The question becomes what do you do to stop the bleeding? We don’t expect most large corporations to grow a conscience. We know that many small businesses can’t get loans or credit. We know that government at all levels is shedding jobs rather than creating them.
So, we need to turn elsewhere. One of the primary answers, as we proposed in our previous post, is for workers to take matters in their own hands by forming worker cooperatives and becoming business owners. In that post, we featured the Mondragon Corporation from Spain, the world’s largest industrial, worker-owned and run cooperative with more than 80,000 employees world-wide and revenue in excess of $14 billion euros.
Cooperatives may sound like an un-American or unrealistic proposal or solution. Nothing could be further from the truth. They are as American as mom and apple pie.
In the U.S. today, member-owned organizations account for $3 trillion in assets, $500 billion in revenue, and more than 1 million jobs. Cooperatives take a variety of forms including: 900 rural electric coops with 42 million clients in 47 states; two million farmer-members in 3000 farmer-owned cooperatives who provide over 250 thousand jobs and annual wages of $8 billion; 7500 credit unions providing financial services to nearly 90 million members; 250 purchasing coops offering group buying and sharing to more than 50,000 independent businesses, and approximately 8000 housing coops providing one million homes.
Cooperatives already have muscle and mass in America. They are supported by the National Cooperative Bank, a congressionally chartered financial institution, whose singular mandate is to “strengthen America’s cooperatives, their members and other socially responsible organizations through the delivery of social impact banking products and services.”
Cooperatives exist at the junction of society, community and worker. They understand the need for teamwork and social responsibility in order to rebuild the American economy and renew the American dream. Because of their share the wealth philosophy, worker cooperatives are especially well-poised for growth and to make capitalism work for the benefit of the many rather than the few by being leaders in sustainable job creation and retention.
President Obama sent a message to the recent labor convention in Los Angeles that “This country owes you a debt of gratitude for your efforts to make sure that everyone who works hard has a chance to get ahead, whether they are in a union or not.” Unfortunately, over the past several years, workers have received a lot of “debt” but very little “gratitude.”

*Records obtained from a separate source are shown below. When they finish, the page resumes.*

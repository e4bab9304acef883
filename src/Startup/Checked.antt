-- ===== src/Startup/Checked.antt =====
-- The configurations that `main` accepts.
use text.Mathlib.TextLemmas.{append-eq-nil_iff}
use grpcmcp.Base.{
  ℕ, String, ◌≡◌, ◌≢◌, ◌↔◌, ◌⊎◌, refl, sym, ap, ◌∙◌, inl, inr, Bool, true, false, ◌||◌, Option,
  none, some, List, [], ◌∷◌, arith, length, ◌==◌, eq_iff, if◌then◌else◌,
}
use grpcmcp.Base.Int.{pos, ◌<ℤ◌}
use grpcmcp.Base.Texts.{◌⧺◌}
use grpcmcp.Base.Results.{Result, ok, err}
use grpcmcp.Header.{Header, get, set}
use grpcmcp.Header.Laws.{get-set_same}
use grpcmcp.Forward.{Heap, load, headers_provider, check_collisions}
use grpcmcp.Forward.Outbound.{trusted_headers}
use grpcmcp.Startup.{
  Flags, bad_transport, is_empty, has_names, serve_http, check_transport, check_flags, add_bearer,
  Settings, configure, parse_method_option,
}

-- the conditions on the flags alone, with the transport that is used
pub record IsValid (f : Flags) (t : String) : Type 0 where
  pub interval : pos 0 <ℤ f.refresh_interval
  pub over_http :
      f.host_port ≢ ""
      → ((t ≡ "http") × ((f.transport ≡ "http") ⊎ (f.transport ≡ "streamable-http")))
        ⊎ ((t ≡ "sse") × (f.transport ≡ "sse"))
  pub over_stdio : f.host_port ≡ "" → t ≡ f.transport
  pub tls_pair : (f.tls_crt ≡ "") ↔ (f.tls_key ≡ "")
  pub ca_file : f.ca_file ≢ "" → f.tls_crt ≢ ""
  pub tls_served : f.tls_crt ≢ "" → f.host_port ≢ ""
  pub identity_forwarded : f.forward_operator_identity ≡ true → f.host_port ≢ ""
  pub headers_forwarded : f.forward_header_names ≢ [] → f.host_port ≢ ""

has_names_lem : (ns : List String) → ns ≢ [] → has_names ns ≡ true
has_names_lem [] h = absurd (h refl)
has_names_lem (n ∷ ns) h = refl

transport_of : (f : Flags) (t : String) → check_flags f ≡ ok t → check_transport f ≡ ok t
unfolding check_flags
transport_of f t h = ground (arith, h)

http_or_sse :
    (t u : String)
    → (if u == "http" || u == "sse" then ok u else err (bad_transport u)) ≡ ok t
    → (t ≡ u) × ((u ≡ "http") ⊎ (u ≡ "sse"))
http_or_sse t u h = ground (arith, h, eq_iff u "http", eq_iff u "sse")

transport_lem :
    (f : Flags) (t : String)
    → check_transport f ≡ ok t
    → f.host_port ≢ ""
    → ((t ≡ "http") × ((f.transport ≡ "http") ⊎ (f.transport ≡ "streamable-http")))
      ⊎ ((t ≡ "sse") × (f.transport ≡ "sse"))
unfolding check_transport serve_http
transport_lem f t h http = go (f.transport == "streamable-http") refl (
    http_or_sse t (if f.transport == "streamable-http" then "http" else f.transport)
      (simp (ne, if◌then◌else◌) at h))
  where
    ne : is_empty f.host_port ≡ false
    ne = ground (arith, eq_iff f.host_port "")

    sse_http : ◌≢◌ {A = String} "http" "sse"
    sse_http = ground (arith, eq_iff "http" "sse")

    go :
        (b : Bool)
        → (f.transport == "streamable-http") ≡ b
        → (t ≡ (if b then "http" else f.transport))
          × (((if b then "http" else f.transport) ≡ "http")
              ⊎ ((if b then "http" else f.transport) ≡ "sse"))
        → ((t ≡ "http") × ((f.transport ≡ "http") ⊎ (f.transport ≡ "streamable-http")))
          ⊎ ((t ≡ "sse") × (f.transport ≡ "sse"))
    go true e (p, q) = inl (p, inr ((eq_iff f.transport "streamable-http").0 e))
    go false e (p, inl q) = inl (p ∙ q, inl q)
    go false e (p, inr q) = inr (p ∙ q, q)

check_flags-IsValid : (f : Flags) (t : String) → check_flags f ≡ ok t → IsValid f t
unfolding check_flags check_transport serve_http
check_flags-IsValid f t h = record {
  interval = ground (arith, h);
  over_http = transport_lem f t (transport_of f t h);
  over_stdio = ground (arith, h, eq_iff f.host_port "");
  tls_pair = ground (arith, h, eq_iff f.tls_crt "", eq_iff f.tls_key "");
  ca_file = ground (arith, h, eq_iff f.ca_file "", eq_iff f.tls_crt "");
  tls_served = ground (arith, h, eq_iff f.tls_crt "", eq_iff f.host_port "");
  identity_forwarded = ground (arith, h, eq_iff f.host_port "");
  headers_forwarded = λ some_name.
      ground (arith, h, eq_iff f.host_port "", has_names_lem f.forward_header_names some_name);
}

pub bearer_non_empty : (token : String) → "Bearer " ⧺ token ≢ ""
bearer_non_empty token h = prefix (append-eq-nil_iff.0 h).0
  where
    prefix : ◌≢◌ {A = String} "Bearer " ""
    prefix = ground (arith, eq_iff "Bearer " "")

module _ {C : Type 0} (parse_uint : ℕ → String → Result String ℕ) (f : Flags)
    (backend : Result String (Option C)) (look_up_env : String → Option String)
    (flag_headers : Header) where
  -- every condition of the start
  pub record IsAccepted (s : Settings C) : Type 0 where
    pub flags : IsValid f s.transport
    pub option :
        parse_method_option parse_uint f.require_method_option
        ≡ ok (s.option_field, s.option_values)
    pub bearer : add_bearer f look_up_env flag_headers ≡ ok s.headers
    pub no_collision :
        check_collisions s.headers f.forward_header_names f.forward_operator_identity ≡ none
    pub source : (f.descriptors ≢ "") ⊎ (f.reflect ≡ true)

  -- A start that is accepted had a positive refresh interval, a known transport where it serves
  -- HTTP, the TLS flags in pairs and only with a host and port, forwarding flags only with these, a
  -- method option that parses, the bearer token in the headers where one was asked for, no forwarded
  -- name among these headers, and descriptors from a file or by reflection.
  pub configure-IsAccepted :
      (s : Settings C)
      → configure parse_uint f backend look_up_env flag_headers ≡ ok s
      → IsAccepted s
  unfolding configure
  configure-IsAccepted s h = record {
    flags = check_flags-IsValid f s.transport (ground (arith, h));
    option = ground (arith, h);
    bearer = ground (arith, h);
    no_collision = ground (arith, h);
    source = ground (arith, h, eq_iff f.descriptors "");
  }

  pub bearer-get :
      (s : Settings C) (token : String)
      → f.bearer_env ≢ ""
      → look_up_env f.bearer_env ≡ some token
      → add_bearer f look_up_env flag_headers ≡ ok s.headers
      → get s.headers "Authorization" ≡ "Bearer " ⧺ token
  unfolding add_bearer
  bearer-get s token named found h =
      let set_headers : s.headers ≡ set flag_headers "Authorization" ("Bearer " ⧺ token) =
        ground (arith, h, found, eq_iff f.bearer_env "", eq_iff token "") in
      ap (λ l. get l "Authorization") set_headers
      ∙ get-set_same flag_headers "Authorization" ("Bearer " ⧺ token)

  -- If the start is accepted with the bearer token of a named variable, then every call to the
  -- backend carries `Authorization: Bearer` and the token, whatever an inbound request says, and
  -- whichever headers are forwarded.
  pub bearer_reaches_backend :
      (s : Settings C) (token : String) (p : ℕ) (inbound : Header) (heap : Heap)
      → f.bearer_env ≢ ""
      → look_up_env f.bearer_env ≡ some token
      → configure parse_uint f backend look_up_env flag_headers ≡ ok s
      → load heap p ≡ s.headers
      → get
          (load
            (headers_provider p f.forward_operator_identity f.forward_header_names inbound heap).0
            (length heap))
          "Authorization"
        ≡ "Bearer " ⧺ token
  bearer_reaches_backend s token p inbound heap named found accepted held =
      let a = configure-IsAccepted s accepted in
      let bearer = ap (λ h. get h "Authorization") held ∙ bearer-get s token named found a.bearer in
      trusted_headers p f.forward_operator_identity f.forward_header_names inbound heap
        "Authorization"
        (ap (λ h. check_collisions h f.forward_header_names f.forward_operator_identity) held
          ∙ a.no_collision)
        (λ empty. bearer_non_empty token (sym bearer ∙ empty))
      ∙ bearer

Worker cooperatives and other cooperative organizations can correct this because they believe in the power of we instead of the power of me. They approach job creation as a team sport and with team spirit.
Spirit is the invisible force that moves organizations. In an America of hollowed-out organizations with no hearts, no souls, and little spirit, cooperatives can become the first best hope for carrying the concerns of American workers forward and addressing the degrading demands of an “unfettered labor market.”